The B2B new business problem has not changed. What has changed is how much harder it has become to get anyone to pick up the phone, open a cold email, or engage with generic outreach. If you are still relying on your sales team to cold call their way to target, you already know it is not working. Around 400 calls to find one interested party. Seventy-five calls a day. You do the maths.

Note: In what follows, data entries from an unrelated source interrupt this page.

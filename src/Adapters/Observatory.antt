-- ===== src/Adapters/Observatory.antt =====
-- src/adapters/observatory.rs: the answers of the adapter, placeholders in the source. `fresh` is
-- the text of a new UUID; `now` is the clock, read once for an answer.
pub mod Types
use analytics_hub.Prelude.{ℕ, String, Option, Bool, List, Outcome, []}
use analytics_hub.Prelude.Float.{FloatOps}
use analytics_hub.Adapters.Gate.{when_connected, or_else}
use analytics_hub.Adapters.Observatory.Types.{
  ObservatoryConfig, TelemetryPoint, UsageTrace, PerformanceMetrics, TimeRange, TelemetryQuery,
  TraceQuery,
}

-- `from_env`; `env` looks up a variable and `parse_u64` reads a number.
unfoldable pub from_env : (String → Option String) → (String → Option ℕ) → ObservatoryConfig
from_env env parse_u64 = record {
  endpoint = or_else (env "OBSERVATORY_ENDPOINT") "http://localhost:8081";
  api_key = env "OBSERVATORY_API_KEY";
  timeout_secs = or_else (parse_u64 (or_else (env "OBSERVATORY_TIMEOUT_SECS") "30")) 30;
  batch_size = or_else (parse_u64 (or_else (env "OBSERVATORY_BATCH_SIZE") "100")) 100;
}

module _ (f : FloatOps) where
  unfoldable pub fetch_telemetry :
      Bool → TelemetryQuery → Outcome (List (TelemetryPoint f.F)) String
  fetch_telemetry connected query = when_connected connected "Observatory adapter not connected" []

  unfoldable pub fetch_traces :
      {Json : Type 0} → Bool → TraceQuery → Outcome (List (UsageTrace Json)) String
  fetch_traces connected query = when_connected connected "Observatory adapter not connected" []

  unfoldable pub fetch_performance_metrics :
      Bool → String → String → TimeRange → Outcome (PerformanceMetrics f.F) String
  fetch_performance_metrics connected fresh measurement time_range =
      when_connected connected "Observatory adapter not connected" (record {
        metric_id = fresh;
        measurement = measurement;
        time_range = time_range;
        data_points = [];
        aggregations = (record {
          min = (f.of_nat 0);
          max = (f.of_nat 0);
          avg = (f.of_nat 0);
          p50 = (f.of_nat 0);
          p95 = (f.of_nat 0);
          p99 = (f.of_nat 0);
          count = 0;
        });
      })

Marketing, like psychology, is about understanding behaviour. When it comes to new business, it is about anticipating what your prospects will do before they do it, and then positioning yourself to be found when they go looking. And they are going looking on their own. Research now consistently shows that 83% of B2B buyers define their requirements before speaking to anyone in sales. By the time your phone rings, the shortlist is already written.

So whilst everyone in your sector is wrestling with the same problems, the question worth asking is not "how do we do more of what we are doing?" It is: where is the actual opportunity for B2B businesses right now?

  • Where is the real commercial excitement for businesses selling B2B?
  • What can you do differently that your competitors have not thought of yet?
  • How do you inject genuine engagement into your communications with suspects, prospects and customers?
  • What is your USP as a company — and I do not mean your product. I mean you.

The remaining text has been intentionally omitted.